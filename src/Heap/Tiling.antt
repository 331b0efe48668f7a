-- ===== src/Heap/Tiling.antt =====
-- The blocks of the heap of kernel/util.c cover its memory without gap or overlap.
use siathos.Prelude.{
  ℕ, zero, suc, ◌+◌, ◌-◌, ◌^◌, ◌<◌, ◌≤◌, ◌≡◌, inl, inr, refl, sym, ap, subst, ◌∙◌, true, false, not,
  ◌&&◌, ◌||◌, Option, none, some, List, [], ◌∷◌, leb, ◌==◌, if◌then◌else◌, modify, find_slot, ◌%◌,
  arith, Bool-cases,
}
use siathos.Heap.{
  Block, Heap, header, word, round_up, fits, is_split, split_off, taken, behind, take_first, answer,
  kmalloc, merged, merge_from, merge_all, is_at, free_at, kfree,
}

-- The blocks lie one behind the other, each with its header, from the address `base` to `top`.
unfoldable pub Tiles : ℕ → ℕ → List Block → Type 0
Tiles base top [] = base ≡ top
Tiles base top (b ∷ bs) = (b.addr ≡ base) × Tiles (base + header + b.size) top bs

Tiles-below : (base top : ℕ) (bs : List Block) → Tiles base top bs → base ≤ top
unfolding Tiles
Tiles-below base top [] e = omega (arith, e)
Tiles-below base top (b ∷ bs) (_, t) = omega (arith, Tiles-below (base + header + b.size) top bs t)

wrap_small : (n : ℕ) → n < word → n % word ≡ n
wrap_small n lt = omega (arith, lt)

taken-Tiles :
    (base top size : ℕ) (b : Block) (bs : List Block)
    → top < 2 ^ 63
    → fits size b ≡ true
    → Tiles base top (b ∷ bs)
    → Tiles base top (taken size b bs)
unfolding Tiles
taken-Tiles base top size b bs small fit (at, t) = elim (Bool-cases (is_split size b)) [
  | inl on ↦
      subst (Tiles base top) (sym (ap (λ x. if x then halves else whole) on))
        (at, (omega (arith, at), subst (λ n. Tiles n top bs) (same_end on) t))
  | inr off ↦ subst (Tiles base top) (sym (ap (λ x. if x then halves else whole) off)) (at, t)
]
  where
    halves : List Block
    halves = record b { size = size; free = false } ∷ split_off size b ∷ bs

    whole : List Block
    whole = record b { free = false } ∷ bs

    room : b.size < 2 ^ 63
    room = omega (arith, Tiles-below (base + header + b.size) top bs t, small)

    within : size ≤ b.size
    within = ground (arith, fit)

    no_wrap : (size + header + 32) % word ≡ size + header + 32
    no_wrap = wrap_small (size + header + 32) (omega (arith, room, within))

    same_end :
        is_split size b ≡ true
        → base + header + b.size ≡ base + header + size + header + (b.size - size - header)
    same_end on =
        let fits_both : size + header + 32 ≤ b.size =
          ground (arith, sym (ap (λ n. leb n b.size) no_wrap) ∙ on) in
        omega (arith, fits_both)

-- A search that succeeds leaves blocks that tile.
LeavesTiles : ℕ → ℕ → Option (ℕ × List Block) → Type 0
LeavesTiles base top none = base ≡ base
LeavesTiles base top (some (_, bs)) = Tiles base top bs

behind-LeavesTiles :
    (base top : ℕ) (b : Block) (o : Option (ℕ × List Block))
    → b.addr ≡ base
    → LeavesTiles (base + header + b.size) top o
    → LeavesTiles base top (behind b o)
unfolding LeavesTiles Tiles
behind-LeavesTiles base top b none at t = refl
behind-LeavesTiles base top b (some (_, bs)) at t = (at, t)

take_first-LeavesTiles :
    (base top size : ℕ) (bs : List Block)
    → top < 2 ^ 63
    → Tiles base top bs
    → LeavesTiles base top (take_first size bs)
unfolding take_first Tiles LeavesTiles
take_first-LeavesTiles base top size [] small t = refl
take_first-LeavesTiles base top size (b ∷ bs) small (at, t) = elim (Bool-cases (fits size b)) [
  | inl on ↦
      subst (LeavesTiles base top) (sym (ap (λ x. if x then found else later) on))
        (taken-Tiles base top size b bs small on (at, t))
  | inr off ↦ subst (LeavesTiles base top) (sym (ap (λ x. if x then found else later) off)) (
      behind-LeavesTiles base top b (take_first size bs) at
        (take_first-LeavesTiles (base + header + b.size) top size bs small t))
]
  where
    found : Option (ℕ × List Block)
    found = some (b.addr + header, taken size b bs)

    later : Option (ℕ × List Block)
    later = behind b (take_first size bs)

merge_from-Tiles :
    (base top : ℕ) (b : Block) (bs : List Block)
    → top < 2 ^ 63
    → Tiles base top (b ∷ bs)
    → Tiles base top (merge_from b bs)
unfolding merge_from Tiles
merge_from-Tiles base top b [] small t = t
merge_from-Tiles base top b (c ∷ cs) small (at, (at2, t)) = elim (Bool-cases (b.free && c.free)) [
  | inl on ↦
      let whole : (b.size + (header + c.size)) % word ≡ b.size + (header + c.size) =
        wrap_small (b.size + (header + c.size))
          (omega (arith, small, Tiles-below (base + header + b.size + header + c.size) top cs t)) in
      subst (Tiles base top)
        (sym (
          ap
            (λ x.
              if x
              then merge_from (if x then merged b c else c) cs
              else b ∷ merge_from (if x then merged b c else c) cs)
            on))
        (merge_from-Tiles base top (merged b c) cs small
          (at, subst (λ n. Tiles n top cs) (omega (arith, whole)) t))
  | inr off ↦
      subst (Tiles base top)
        (sym (
          ap
            (λ x.
              if x
              then merge_from (if x then merged b c else c) cs
              else b ∷ merge_from (if x then merged b c else c) cs)
            off))
        (at, merge_from-Tiles (base + header + b.size) top c cs small (at2, t))
]

freed-Tiles :
    (base top : ℕ) (i : ℕ) (bs : List Block)
    → Tiles base top bs
    → Tiles base top (modify bs i (λ b. record b { free = true }))
unfolding Tiles
freed-Tiles base top i [] t = t
freed-Tiles base top zero (b ∷ bs) (at, t) = (at, t)
freed-Tiles base top (suc i) (b ∷ bs) (at, t) =
    (at, freed-Tiles (base + header + b.size) top i bs t)

kmalloc-Tiles :
    (base top size : ℕ) (h : Heap)
    → top < 2 ^ 63
    → Tiles base top h.blocks
    → Tiles base top (kmalloc [] size h).1.blocks
unfolding kmalloc LeavesTiles
kmalloc-Tiles base top size h small t = elim (Bool-cases (not h.ready || size == 0)) [
  | inl bad ↦ rw bad t
  | inr good ↦ rw good (
      by_answer (take_first (round_up size) h.blocks)
        (take_first-LeavesTiles base top (round_up size) h.blocks small t))
]
  where
    by_answer :
        (o : Option (ℕ × List Block))
        → LeavesTiles base top o
        → Tiles base top (answer o h (none, h)).1.blocks
    by_answer none _ = t
    by_answer (some (_, bs)) kept = kept

merge_all-Tiles :
    (base top : ℕ) (bs : List Block)
    → top < 2 ^ 63
    → Tiles base top bs
    → Tiles base top (merge_all bs)
merge_all-Tiles base top [] small t = t
merge_all-Tiles base top (b ∷ bs) small t = merge_from-Tiles base top b bs small t

kfree-Tiles :
    (base top ptr : ℕ) (h : Heap)
    → top < 2 ^ 63
    → Tiles base top h.blocks
    → Tiles base top (kfree ptr h).blocks
unfolding kfree
kfree-Tiles base top ptr h small t = elim (Bool-cases (ptr == 0)) [
  | inl bad ↦ rw bad t
  | inr good ↦ rw good (by_found (find_slot (is_at ptr) h.blocks))
]
  where
    by_found : (o : Option (ℕ × Block)) → Tiles base top (free_at o h).blocks
    by_found none = t
    by_found (some (i, _)) =
        merge_all-Tiles base top (modify h.blocks i (λ b. record b { free = true })) small
          (freed-Tiles base top i h.blocks t)

-- A call of the heap: a size to allocate or an address to free.
pub data HeapCall : Type 0 where
  alloc : ℕ → HeapCall
  release : ℕ → HeapCall

-- One call, where `pmm_alloc` gives no more memory.
pub heap_step : HeapCall → Heap → Heap
heap_step (alloc size) h = (kmalloc [] size h).1
heap_step (release ptr) h = kfree ptr h

pub heap_run : List HeapCall → Heap → Heap
heap_run [] h = h
heap_run (c ∷ cs) h = heap_run cs (heap_step c h)

-- While the heap is the one stretch of memory from `base` to `top`, below 2^63, any sequence of calls
-- of `kmalloc`, for which `pmm_alloc` gives no more memory, and of `kfree`, with any sizes and
-- addresses, leaves blocks that lie one behind the other from `base` to `top`: no block overlaps
-- another or its header, and no byte is lost.
pub heap_run-Tiles :
    (cs : List HeapCall) (base top : ℕ) (h : Heap)
    → top < 2 ^ 63
    → Tiles base top h.blocks
    → Tiles base top (heap_run cs h).blocks
unfolding heap_run heap_step
heap_run-Tiles [] base top h small t = t
heap_run-Tiles (alloc size ∷ cs) base top h small t =
    heap_run-Tiles cs base top (kmalloc [] size h).1 small (kmalloc-Tiles base top size h small t)
heap_run-Tiles (release ptr ∷ cs) base top h small t =
    heap_run-Tiles cs base top (kfree ptr h) small (kfree-Tiles base top ptr h small t)
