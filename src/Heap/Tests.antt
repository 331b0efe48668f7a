-- ===== src/Heap/Tests.antt =====
-- The kernel heap on small lists of blocks.
use siathos.Prelude.{◌≡◌, refl, true, false, none, some, List, [], ◌∷◌, arith}
use siathos.Heap.{Heap, take_first, round_up, kmalloc, kfree, merge_from}
use siathos.Heap.Tiling.{Tiles, HeapCall, alloc, release, heap_run, heap_run-Tiles}
use siathos.Heap.Large.{grown_by, kmalloc-grown_by}

-- 1024 bytes at 4096, of which the first 64 are in use.
abbrev small_heap : Heap
small_heap = record {
  blocks =
      record { addr = 4096; size = 64; free = false }
      ∷ record { addr = 4192; size = 896; free = true }
      ∷ [];
  ready = true;
}

abbrev calls : List HeapCall
calls = alloc 20 ∷ alloc 100 ∷ release 4128 ∷ alloc 5000 ∷ release 4224 ∷ []

tiled : Tiles 4096 5120 small_heap.blocks
unfolding Tiles
tiled = (refl, (refl, refl))

-- 20 bytes are rounded up to 32, and the block is cut.
cut : kmalloc [] 20 small_heap ≡ (
  some 4224,
  record {
    blocks =
        record { addr = 4096; size = 64; free = false }
        ∷ record { addr = 4192; size = 32; free = false }
        ∷ record { addr = 4256; size = 832; free = true }
        ∷ [];
    ready = true;
  },
)
unfolding kmalloc take_first
cut = refl

-- Freeing joins the free blocks again.
joined_again : (kfree 4128 small_heap).blocks ≡ record { addr = 4096; size = 992; free = true } ∷ []
unfolding kfree merge_from
joined_again = refl

-- Two stretches of memory that do not touch are joined as well.
joined_apart :
    (kfree 4128 (record {
      blocks =
          record { addr = 4096; size = 992; free = false }
          ∷ record { addr = 65536; size = 992; free = true }
          ∷ [];
      ready = true;
    })).blocks
    ≡ record { addr = 4096; size = 2016; free = true } ∷ []
unfolding kfree merge_from
joined_apart = refl

heap_run-Tiles_example : Tiles 4096 5120 (heap_run calls small_heap).blocks
heap_run-Tiles_example = heap_run-Tiles calls 4096 5120 small_heap (ground arith) tiled

none_fits : take_first (round_up 2000000) small_heap.blocks ≡ none
unfolding take_first
none_fits = refl

kmalloc-grown_by_example :
    kmalloc (1048576 ∷ 8388608 ∷ []) 2000000 small_heap
    ≡ (none, grown_by (1048576 ∷ 8388608 ∷ []) small_heap)
kmalloc-grown_by_example =
    kmalloc-grown_by (1048576 ∷ 8388608 ∷ []) 2000000 small_heap (ground arith) (ground arith) refl
      none_fits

■ ■ ■ ■

Only the lines holding the word "more" belong in the answer; copy them from the listing above.

### YOUR RESPONSE
-- One call, where `pmm_alloc` gives no more memory.
-- of `kmalloc`, for which `pmm_alloc` gives no more memory, and of `kfree`, with any sizes and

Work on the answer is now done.